- **ABOUT THIS EXERCISE**: Your answer is to be every line of the material that includes the string "List".

BEGIN

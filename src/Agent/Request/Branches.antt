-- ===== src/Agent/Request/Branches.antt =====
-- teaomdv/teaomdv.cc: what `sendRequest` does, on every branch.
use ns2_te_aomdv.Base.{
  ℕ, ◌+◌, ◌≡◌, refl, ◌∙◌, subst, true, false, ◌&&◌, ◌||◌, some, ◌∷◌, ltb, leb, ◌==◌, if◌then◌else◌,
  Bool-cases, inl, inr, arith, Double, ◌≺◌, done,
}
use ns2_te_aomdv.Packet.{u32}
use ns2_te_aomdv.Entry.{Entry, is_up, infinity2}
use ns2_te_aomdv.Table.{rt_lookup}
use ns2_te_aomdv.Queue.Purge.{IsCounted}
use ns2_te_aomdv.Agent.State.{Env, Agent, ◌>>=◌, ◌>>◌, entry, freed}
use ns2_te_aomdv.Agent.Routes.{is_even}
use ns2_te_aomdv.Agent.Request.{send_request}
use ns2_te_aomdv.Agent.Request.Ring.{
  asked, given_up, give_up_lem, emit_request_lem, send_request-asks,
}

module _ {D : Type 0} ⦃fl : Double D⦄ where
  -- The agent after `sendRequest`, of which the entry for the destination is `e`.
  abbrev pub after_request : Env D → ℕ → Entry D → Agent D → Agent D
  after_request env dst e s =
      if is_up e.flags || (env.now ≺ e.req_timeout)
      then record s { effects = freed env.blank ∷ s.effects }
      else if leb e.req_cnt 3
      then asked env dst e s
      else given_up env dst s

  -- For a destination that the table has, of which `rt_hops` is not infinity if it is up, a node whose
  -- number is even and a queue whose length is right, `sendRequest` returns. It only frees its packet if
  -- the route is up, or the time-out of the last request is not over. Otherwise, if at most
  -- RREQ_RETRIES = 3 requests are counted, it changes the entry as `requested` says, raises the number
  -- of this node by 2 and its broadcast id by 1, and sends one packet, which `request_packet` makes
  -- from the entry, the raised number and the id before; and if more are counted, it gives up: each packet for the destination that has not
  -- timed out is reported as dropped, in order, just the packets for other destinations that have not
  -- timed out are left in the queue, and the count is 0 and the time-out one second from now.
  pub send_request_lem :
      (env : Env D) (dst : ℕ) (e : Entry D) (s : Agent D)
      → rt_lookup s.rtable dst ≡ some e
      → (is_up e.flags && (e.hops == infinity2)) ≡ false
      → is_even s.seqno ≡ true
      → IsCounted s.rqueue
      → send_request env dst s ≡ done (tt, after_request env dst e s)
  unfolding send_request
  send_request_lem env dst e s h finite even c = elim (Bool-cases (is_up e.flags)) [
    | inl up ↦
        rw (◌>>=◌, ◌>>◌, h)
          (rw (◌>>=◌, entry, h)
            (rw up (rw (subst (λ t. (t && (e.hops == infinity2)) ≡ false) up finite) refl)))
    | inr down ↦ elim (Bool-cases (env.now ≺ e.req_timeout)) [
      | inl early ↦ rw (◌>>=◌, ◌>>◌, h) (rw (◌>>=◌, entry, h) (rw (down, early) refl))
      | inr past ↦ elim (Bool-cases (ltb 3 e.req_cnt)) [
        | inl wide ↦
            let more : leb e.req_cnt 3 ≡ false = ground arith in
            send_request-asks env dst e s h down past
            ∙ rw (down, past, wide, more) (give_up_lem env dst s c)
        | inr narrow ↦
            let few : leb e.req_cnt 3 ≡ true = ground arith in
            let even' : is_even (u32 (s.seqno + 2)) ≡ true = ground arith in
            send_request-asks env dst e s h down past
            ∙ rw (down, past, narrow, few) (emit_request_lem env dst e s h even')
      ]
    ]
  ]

END
BEGIN

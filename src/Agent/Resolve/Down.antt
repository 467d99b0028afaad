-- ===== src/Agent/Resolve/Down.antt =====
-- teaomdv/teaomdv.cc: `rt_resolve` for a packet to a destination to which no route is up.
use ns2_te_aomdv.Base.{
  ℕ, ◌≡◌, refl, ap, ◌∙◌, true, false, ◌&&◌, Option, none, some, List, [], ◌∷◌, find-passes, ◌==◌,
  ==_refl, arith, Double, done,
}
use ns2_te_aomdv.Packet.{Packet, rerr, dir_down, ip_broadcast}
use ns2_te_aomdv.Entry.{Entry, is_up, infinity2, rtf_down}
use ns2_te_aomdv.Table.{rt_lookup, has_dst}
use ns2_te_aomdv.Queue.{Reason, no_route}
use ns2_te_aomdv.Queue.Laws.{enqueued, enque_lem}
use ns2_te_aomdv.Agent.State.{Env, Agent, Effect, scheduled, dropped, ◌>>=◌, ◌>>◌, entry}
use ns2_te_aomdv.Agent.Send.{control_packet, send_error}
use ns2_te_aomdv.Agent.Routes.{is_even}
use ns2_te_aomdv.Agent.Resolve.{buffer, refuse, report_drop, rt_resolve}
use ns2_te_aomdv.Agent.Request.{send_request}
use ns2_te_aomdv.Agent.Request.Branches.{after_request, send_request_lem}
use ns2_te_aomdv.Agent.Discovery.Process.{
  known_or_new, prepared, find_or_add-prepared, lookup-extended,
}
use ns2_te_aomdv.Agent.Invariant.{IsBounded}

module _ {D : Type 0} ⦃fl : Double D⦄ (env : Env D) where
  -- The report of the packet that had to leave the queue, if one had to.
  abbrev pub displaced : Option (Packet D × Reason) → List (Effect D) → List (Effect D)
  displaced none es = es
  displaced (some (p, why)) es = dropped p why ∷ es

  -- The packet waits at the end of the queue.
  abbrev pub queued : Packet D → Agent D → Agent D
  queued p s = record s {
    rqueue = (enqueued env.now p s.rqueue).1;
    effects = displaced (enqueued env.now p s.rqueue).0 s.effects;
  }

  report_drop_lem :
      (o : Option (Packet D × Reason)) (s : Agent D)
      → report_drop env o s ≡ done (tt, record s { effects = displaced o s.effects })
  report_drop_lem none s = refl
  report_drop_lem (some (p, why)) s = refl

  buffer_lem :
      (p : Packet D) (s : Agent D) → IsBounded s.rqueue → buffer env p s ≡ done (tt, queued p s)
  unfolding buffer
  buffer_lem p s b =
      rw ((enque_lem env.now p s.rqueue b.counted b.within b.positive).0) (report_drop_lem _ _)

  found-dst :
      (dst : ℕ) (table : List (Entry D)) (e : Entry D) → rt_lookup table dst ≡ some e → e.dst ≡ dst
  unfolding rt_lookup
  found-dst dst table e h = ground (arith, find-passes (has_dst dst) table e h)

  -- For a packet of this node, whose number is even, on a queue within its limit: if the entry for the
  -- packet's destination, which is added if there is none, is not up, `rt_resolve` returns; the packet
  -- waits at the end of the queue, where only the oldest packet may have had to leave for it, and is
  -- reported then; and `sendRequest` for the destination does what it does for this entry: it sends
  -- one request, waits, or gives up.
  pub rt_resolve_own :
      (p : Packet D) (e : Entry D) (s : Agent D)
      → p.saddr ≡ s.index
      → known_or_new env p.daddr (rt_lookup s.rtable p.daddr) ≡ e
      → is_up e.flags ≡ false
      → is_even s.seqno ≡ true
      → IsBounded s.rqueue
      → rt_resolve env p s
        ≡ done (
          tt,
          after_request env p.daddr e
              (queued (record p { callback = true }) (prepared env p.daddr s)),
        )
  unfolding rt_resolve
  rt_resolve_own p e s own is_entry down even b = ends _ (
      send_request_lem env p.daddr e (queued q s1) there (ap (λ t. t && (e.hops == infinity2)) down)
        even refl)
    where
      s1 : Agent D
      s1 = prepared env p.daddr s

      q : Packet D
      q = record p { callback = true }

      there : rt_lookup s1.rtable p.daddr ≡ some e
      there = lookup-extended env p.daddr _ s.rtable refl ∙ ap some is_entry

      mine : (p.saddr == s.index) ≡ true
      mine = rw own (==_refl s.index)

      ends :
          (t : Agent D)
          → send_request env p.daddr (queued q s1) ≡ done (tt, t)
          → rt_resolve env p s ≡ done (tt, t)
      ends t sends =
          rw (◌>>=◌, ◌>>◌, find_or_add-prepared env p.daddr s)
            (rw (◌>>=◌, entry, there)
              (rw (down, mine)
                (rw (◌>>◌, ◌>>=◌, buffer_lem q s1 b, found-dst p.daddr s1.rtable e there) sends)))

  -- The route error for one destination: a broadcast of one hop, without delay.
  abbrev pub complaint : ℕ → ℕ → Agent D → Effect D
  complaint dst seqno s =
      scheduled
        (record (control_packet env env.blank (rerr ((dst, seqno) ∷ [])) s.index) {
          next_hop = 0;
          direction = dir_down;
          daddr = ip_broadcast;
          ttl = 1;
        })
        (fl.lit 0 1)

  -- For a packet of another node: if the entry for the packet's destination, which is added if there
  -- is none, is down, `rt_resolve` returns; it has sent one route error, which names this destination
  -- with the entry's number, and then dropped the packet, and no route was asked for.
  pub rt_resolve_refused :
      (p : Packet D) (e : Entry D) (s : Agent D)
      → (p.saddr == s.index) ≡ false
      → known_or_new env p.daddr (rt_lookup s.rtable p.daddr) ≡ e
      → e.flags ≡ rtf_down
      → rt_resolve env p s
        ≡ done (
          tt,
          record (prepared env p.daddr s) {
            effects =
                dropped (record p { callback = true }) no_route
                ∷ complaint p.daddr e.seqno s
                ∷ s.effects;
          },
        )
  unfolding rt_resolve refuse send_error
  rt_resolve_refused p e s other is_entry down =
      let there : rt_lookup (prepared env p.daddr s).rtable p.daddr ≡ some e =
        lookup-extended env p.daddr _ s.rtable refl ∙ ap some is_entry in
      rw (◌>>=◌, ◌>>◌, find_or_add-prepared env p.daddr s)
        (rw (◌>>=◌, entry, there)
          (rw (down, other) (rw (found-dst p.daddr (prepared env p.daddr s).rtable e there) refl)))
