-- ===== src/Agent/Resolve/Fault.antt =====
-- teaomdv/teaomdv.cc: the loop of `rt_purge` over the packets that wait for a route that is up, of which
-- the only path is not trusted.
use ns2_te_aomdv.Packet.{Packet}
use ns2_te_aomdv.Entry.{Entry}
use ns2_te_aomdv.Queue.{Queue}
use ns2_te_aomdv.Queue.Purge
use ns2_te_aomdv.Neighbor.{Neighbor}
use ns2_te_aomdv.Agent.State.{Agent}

END

- **ANSWER SECTION**:
  ℕ, ◌≡◌, refl, ap, ◌∙◌, true, false, ◌&&◌, Option, none, some, List, [], ◌∷◌, find-passes, ◌==◌,
  abbrev pub displaced : Option (Packet D × Reason) → List (Effect D) → List (Effect D)
      (dst : ℕ) (table : List (Entry D)) (e : Entry D) → rt_lookup table dst ≡ some e → e.dst ≡ dst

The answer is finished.